[[ Data listing, beginning ]]

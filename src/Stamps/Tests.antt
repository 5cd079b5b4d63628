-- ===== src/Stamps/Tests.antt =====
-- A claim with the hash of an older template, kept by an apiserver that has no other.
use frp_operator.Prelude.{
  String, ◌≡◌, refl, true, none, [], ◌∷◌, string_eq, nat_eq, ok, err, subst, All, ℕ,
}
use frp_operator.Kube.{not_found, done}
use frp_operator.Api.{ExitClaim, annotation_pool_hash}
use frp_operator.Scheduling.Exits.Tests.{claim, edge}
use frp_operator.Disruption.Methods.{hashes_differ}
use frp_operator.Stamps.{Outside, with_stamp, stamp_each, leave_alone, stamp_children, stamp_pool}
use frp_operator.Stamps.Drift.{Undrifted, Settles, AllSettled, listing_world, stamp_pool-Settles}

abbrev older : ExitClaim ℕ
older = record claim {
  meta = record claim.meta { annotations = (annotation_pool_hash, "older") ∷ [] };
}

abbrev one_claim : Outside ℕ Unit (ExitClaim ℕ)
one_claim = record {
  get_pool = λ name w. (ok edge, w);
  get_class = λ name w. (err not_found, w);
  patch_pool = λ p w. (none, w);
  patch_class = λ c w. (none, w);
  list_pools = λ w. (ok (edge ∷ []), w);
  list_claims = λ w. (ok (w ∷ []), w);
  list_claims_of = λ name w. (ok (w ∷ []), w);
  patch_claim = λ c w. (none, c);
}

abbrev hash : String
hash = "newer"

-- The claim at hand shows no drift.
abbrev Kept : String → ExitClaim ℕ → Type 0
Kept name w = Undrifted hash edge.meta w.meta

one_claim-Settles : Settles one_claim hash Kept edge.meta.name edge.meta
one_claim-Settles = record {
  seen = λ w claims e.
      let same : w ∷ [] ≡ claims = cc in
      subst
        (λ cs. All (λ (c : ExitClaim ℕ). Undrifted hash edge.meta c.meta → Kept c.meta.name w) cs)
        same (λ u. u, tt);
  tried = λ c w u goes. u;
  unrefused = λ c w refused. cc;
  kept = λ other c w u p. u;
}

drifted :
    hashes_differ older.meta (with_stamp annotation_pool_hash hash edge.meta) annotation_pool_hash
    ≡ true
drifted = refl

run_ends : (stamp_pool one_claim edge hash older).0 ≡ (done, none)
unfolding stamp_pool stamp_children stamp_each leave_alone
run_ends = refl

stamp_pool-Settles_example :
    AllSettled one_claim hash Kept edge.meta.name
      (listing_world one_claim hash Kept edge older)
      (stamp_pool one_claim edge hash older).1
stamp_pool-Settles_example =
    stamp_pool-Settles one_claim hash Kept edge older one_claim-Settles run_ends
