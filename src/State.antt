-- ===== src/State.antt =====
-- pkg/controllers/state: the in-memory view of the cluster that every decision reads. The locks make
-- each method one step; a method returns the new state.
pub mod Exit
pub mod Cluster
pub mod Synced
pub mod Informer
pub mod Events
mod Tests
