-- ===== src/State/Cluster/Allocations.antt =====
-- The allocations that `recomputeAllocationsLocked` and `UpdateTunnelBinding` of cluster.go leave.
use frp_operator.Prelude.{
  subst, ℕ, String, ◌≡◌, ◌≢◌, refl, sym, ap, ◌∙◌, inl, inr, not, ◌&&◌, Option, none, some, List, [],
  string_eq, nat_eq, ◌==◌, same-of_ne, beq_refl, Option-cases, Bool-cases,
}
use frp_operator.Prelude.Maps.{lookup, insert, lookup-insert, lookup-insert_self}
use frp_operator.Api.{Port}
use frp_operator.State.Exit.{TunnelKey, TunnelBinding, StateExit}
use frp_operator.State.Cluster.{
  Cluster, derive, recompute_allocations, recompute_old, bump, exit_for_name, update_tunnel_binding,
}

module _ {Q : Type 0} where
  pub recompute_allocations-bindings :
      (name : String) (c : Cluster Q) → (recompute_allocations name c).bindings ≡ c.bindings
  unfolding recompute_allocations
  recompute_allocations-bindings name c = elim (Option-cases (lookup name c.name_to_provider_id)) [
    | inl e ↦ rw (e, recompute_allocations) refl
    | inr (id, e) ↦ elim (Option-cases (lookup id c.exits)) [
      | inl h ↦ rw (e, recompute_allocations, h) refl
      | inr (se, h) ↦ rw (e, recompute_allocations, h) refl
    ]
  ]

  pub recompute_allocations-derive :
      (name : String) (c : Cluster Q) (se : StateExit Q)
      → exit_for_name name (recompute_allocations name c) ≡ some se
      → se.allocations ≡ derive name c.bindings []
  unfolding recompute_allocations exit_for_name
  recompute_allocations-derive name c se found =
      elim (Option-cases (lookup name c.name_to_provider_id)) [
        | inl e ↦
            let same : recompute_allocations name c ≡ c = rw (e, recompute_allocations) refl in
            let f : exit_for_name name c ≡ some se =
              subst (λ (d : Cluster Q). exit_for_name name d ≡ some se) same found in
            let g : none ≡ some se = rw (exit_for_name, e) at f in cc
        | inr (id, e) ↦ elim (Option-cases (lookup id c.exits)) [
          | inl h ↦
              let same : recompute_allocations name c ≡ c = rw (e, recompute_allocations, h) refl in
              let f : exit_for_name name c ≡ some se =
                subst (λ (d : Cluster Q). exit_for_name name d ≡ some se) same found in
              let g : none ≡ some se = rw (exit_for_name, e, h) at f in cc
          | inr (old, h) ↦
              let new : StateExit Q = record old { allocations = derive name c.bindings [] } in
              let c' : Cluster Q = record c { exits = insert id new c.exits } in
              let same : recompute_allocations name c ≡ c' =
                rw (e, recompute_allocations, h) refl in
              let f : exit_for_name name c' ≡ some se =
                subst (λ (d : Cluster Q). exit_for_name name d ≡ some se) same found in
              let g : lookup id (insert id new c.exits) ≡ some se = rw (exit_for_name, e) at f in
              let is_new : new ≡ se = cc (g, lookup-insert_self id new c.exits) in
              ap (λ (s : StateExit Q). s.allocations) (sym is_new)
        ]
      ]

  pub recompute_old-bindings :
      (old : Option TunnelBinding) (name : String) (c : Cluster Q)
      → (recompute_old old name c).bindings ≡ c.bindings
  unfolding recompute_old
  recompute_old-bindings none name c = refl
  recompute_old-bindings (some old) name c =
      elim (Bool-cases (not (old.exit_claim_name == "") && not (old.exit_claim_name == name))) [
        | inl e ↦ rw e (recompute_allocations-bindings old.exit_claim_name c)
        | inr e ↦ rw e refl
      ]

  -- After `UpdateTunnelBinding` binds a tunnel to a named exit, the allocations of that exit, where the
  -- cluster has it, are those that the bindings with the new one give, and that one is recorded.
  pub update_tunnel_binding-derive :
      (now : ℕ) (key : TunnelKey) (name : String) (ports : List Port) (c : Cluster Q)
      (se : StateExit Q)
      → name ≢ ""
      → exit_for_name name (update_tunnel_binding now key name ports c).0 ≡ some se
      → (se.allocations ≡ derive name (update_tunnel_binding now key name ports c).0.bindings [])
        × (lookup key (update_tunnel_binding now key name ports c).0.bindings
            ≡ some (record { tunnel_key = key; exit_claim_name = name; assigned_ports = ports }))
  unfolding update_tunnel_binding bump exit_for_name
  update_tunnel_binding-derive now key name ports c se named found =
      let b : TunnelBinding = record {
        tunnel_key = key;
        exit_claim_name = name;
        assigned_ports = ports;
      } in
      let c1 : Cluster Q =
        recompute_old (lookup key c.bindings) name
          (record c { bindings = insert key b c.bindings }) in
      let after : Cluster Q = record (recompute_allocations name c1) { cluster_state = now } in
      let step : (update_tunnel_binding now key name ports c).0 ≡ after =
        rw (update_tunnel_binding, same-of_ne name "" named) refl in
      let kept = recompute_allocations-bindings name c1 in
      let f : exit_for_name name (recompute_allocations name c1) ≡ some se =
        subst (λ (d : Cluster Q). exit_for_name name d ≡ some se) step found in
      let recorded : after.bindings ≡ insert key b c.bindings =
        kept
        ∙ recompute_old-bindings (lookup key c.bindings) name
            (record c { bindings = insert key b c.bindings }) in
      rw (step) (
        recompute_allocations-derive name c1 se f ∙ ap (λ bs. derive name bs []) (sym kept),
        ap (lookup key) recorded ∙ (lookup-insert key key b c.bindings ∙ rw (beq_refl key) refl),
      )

[[ Data listing, end ]]

*What needs to be done*: Reproduce exactly the lines above from the line with "c).0 ≡ some se" to the line with "let b : TunnelBinding", including both, and add nothing.

*Finished task*:
      → exit_for_name name (update_tunnel_binding now key name ports c).0 ≡ some se
      → (se.allocations ≡ derive name (update_tunnel_binding now key name ports c).0.bindings [])
        × (lookup key (update_tunnel_binding now key name ports c).0.bindings
            ≡ some (record { tunnel_key = key; exit_claim_name = name; assigned_ports = ports }))
  unfolding update_tunnel_binding bump exit_for_name
  update_tunnel_binding-derive now key name ports c se named found =
      let b : TunnelBinding = record {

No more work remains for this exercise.